→ **Your instructions**: The answer must consist of every line in the data that contains "return".

→ **Supplied records**:

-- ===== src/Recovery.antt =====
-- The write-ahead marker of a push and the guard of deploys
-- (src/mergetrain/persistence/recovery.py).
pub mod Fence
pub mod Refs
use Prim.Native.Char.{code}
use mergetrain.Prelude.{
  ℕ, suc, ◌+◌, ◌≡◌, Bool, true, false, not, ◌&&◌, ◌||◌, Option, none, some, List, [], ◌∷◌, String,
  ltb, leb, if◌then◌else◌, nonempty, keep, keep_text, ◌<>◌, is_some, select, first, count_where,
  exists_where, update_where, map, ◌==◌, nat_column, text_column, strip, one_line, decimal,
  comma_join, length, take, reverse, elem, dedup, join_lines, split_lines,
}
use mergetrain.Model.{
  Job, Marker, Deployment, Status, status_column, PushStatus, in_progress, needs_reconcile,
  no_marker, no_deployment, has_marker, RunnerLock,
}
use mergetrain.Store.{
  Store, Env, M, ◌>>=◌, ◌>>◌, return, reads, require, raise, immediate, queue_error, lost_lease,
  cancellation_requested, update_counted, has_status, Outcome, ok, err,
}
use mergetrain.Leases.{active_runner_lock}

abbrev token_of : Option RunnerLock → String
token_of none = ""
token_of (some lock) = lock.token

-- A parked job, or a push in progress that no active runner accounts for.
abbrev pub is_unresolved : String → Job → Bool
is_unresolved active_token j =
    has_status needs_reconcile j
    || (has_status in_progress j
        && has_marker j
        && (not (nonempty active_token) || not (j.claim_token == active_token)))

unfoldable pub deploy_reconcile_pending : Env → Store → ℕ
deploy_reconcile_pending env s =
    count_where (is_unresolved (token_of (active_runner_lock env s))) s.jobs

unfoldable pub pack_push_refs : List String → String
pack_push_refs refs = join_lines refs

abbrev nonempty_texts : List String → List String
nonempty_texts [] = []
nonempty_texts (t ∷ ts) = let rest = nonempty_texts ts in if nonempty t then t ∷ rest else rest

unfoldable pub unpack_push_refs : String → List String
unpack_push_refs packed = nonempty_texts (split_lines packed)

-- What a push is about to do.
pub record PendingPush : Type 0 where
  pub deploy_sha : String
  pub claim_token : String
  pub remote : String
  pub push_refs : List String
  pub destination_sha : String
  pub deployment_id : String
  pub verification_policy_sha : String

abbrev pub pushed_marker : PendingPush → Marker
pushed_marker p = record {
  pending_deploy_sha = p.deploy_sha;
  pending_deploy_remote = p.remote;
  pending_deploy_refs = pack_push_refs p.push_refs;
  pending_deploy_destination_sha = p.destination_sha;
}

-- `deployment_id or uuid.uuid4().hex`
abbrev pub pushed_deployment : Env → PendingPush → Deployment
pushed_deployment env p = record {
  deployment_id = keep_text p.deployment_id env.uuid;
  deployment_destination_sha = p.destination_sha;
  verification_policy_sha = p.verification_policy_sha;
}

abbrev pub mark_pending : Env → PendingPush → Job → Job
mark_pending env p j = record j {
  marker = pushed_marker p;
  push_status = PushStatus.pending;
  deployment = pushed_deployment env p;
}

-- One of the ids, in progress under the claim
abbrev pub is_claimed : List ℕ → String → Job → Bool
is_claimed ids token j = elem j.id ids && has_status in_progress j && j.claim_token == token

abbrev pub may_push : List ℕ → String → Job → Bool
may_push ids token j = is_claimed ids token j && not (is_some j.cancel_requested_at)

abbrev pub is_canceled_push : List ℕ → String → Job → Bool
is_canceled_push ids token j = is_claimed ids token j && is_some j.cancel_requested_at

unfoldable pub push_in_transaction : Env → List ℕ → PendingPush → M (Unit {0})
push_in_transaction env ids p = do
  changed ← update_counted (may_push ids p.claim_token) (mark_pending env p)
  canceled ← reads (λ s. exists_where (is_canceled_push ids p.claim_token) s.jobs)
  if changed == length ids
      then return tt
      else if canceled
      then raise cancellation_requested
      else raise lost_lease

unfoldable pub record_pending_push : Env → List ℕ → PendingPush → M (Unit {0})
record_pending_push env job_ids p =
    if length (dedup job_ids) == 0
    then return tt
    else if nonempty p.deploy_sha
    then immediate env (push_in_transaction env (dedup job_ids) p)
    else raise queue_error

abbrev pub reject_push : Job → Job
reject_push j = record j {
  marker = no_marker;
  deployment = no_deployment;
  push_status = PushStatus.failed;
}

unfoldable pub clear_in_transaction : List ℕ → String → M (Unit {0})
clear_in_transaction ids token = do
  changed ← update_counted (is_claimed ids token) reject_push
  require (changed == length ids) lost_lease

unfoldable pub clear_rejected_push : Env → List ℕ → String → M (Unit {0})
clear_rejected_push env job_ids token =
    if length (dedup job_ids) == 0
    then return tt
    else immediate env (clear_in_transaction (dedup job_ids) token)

...

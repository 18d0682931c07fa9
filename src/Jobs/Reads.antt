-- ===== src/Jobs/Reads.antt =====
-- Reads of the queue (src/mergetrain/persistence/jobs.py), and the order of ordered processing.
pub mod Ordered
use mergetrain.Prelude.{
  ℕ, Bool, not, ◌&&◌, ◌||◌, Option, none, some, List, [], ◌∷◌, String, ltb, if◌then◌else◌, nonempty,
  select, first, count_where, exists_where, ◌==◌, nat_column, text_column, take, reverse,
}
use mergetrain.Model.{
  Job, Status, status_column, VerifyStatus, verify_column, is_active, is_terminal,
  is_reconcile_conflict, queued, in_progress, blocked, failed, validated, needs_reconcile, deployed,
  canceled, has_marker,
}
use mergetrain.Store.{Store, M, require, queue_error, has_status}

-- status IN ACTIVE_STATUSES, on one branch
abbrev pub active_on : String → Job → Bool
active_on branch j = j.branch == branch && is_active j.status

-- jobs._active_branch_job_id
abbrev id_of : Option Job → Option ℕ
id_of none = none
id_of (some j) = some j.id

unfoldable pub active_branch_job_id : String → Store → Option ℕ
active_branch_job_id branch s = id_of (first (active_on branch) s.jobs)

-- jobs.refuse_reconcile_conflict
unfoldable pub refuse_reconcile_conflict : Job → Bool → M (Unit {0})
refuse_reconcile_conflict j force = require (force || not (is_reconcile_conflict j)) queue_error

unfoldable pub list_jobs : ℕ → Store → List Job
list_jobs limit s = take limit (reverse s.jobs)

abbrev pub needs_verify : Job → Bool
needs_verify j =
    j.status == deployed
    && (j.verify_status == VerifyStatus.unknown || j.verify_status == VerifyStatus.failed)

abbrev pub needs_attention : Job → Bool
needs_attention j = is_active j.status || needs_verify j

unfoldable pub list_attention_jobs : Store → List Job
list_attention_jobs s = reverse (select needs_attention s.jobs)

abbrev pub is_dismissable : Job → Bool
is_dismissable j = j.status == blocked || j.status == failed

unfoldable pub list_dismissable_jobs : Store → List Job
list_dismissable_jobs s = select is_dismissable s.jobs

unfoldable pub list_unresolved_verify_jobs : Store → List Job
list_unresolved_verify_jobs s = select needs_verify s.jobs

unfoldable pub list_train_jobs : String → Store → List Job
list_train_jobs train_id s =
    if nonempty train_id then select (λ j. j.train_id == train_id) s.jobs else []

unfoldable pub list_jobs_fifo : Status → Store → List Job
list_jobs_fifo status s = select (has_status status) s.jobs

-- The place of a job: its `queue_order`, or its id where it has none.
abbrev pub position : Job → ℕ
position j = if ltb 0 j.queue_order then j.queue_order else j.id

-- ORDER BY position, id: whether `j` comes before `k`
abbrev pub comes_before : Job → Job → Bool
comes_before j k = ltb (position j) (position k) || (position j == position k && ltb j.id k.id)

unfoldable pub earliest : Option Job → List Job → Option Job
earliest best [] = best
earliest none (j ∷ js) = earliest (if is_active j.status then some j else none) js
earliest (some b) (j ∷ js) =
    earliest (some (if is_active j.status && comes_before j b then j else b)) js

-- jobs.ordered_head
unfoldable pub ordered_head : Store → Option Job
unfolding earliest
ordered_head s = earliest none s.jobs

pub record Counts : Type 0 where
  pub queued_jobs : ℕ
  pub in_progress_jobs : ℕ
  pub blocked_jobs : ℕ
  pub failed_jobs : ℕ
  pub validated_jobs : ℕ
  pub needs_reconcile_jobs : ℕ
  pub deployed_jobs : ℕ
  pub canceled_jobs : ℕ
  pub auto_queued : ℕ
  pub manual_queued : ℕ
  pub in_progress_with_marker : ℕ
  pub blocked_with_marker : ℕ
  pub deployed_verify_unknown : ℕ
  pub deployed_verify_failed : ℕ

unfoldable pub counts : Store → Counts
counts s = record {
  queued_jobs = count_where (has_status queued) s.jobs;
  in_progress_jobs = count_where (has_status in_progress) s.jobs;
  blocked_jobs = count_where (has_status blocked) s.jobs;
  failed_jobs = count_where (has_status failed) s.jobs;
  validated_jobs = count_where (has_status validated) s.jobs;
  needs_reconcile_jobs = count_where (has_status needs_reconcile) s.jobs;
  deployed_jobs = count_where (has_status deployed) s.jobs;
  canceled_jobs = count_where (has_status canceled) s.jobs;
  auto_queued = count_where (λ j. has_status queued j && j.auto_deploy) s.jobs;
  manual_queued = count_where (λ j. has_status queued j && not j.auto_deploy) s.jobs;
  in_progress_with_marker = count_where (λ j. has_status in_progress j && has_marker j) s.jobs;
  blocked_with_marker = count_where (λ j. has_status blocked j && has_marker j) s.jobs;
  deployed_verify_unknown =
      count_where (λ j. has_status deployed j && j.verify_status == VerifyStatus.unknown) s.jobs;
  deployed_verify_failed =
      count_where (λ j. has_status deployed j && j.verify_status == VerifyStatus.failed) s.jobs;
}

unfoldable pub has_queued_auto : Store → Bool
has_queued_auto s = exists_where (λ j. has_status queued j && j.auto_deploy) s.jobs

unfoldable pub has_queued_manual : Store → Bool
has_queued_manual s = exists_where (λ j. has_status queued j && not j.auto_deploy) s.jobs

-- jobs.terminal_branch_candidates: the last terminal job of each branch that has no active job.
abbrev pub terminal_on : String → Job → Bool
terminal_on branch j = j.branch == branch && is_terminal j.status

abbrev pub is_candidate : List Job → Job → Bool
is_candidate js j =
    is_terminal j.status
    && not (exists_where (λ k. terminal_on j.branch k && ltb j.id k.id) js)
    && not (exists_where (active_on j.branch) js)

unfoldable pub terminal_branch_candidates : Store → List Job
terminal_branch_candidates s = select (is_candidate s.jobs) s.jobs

→ **Solution to the problem**:
  Store, Env, M, ◌>>=◌, ◌>>◌, return, reads, require, raise, immediate, queue_error, lost_lease,
      then return tt
    then return tt
    then return tt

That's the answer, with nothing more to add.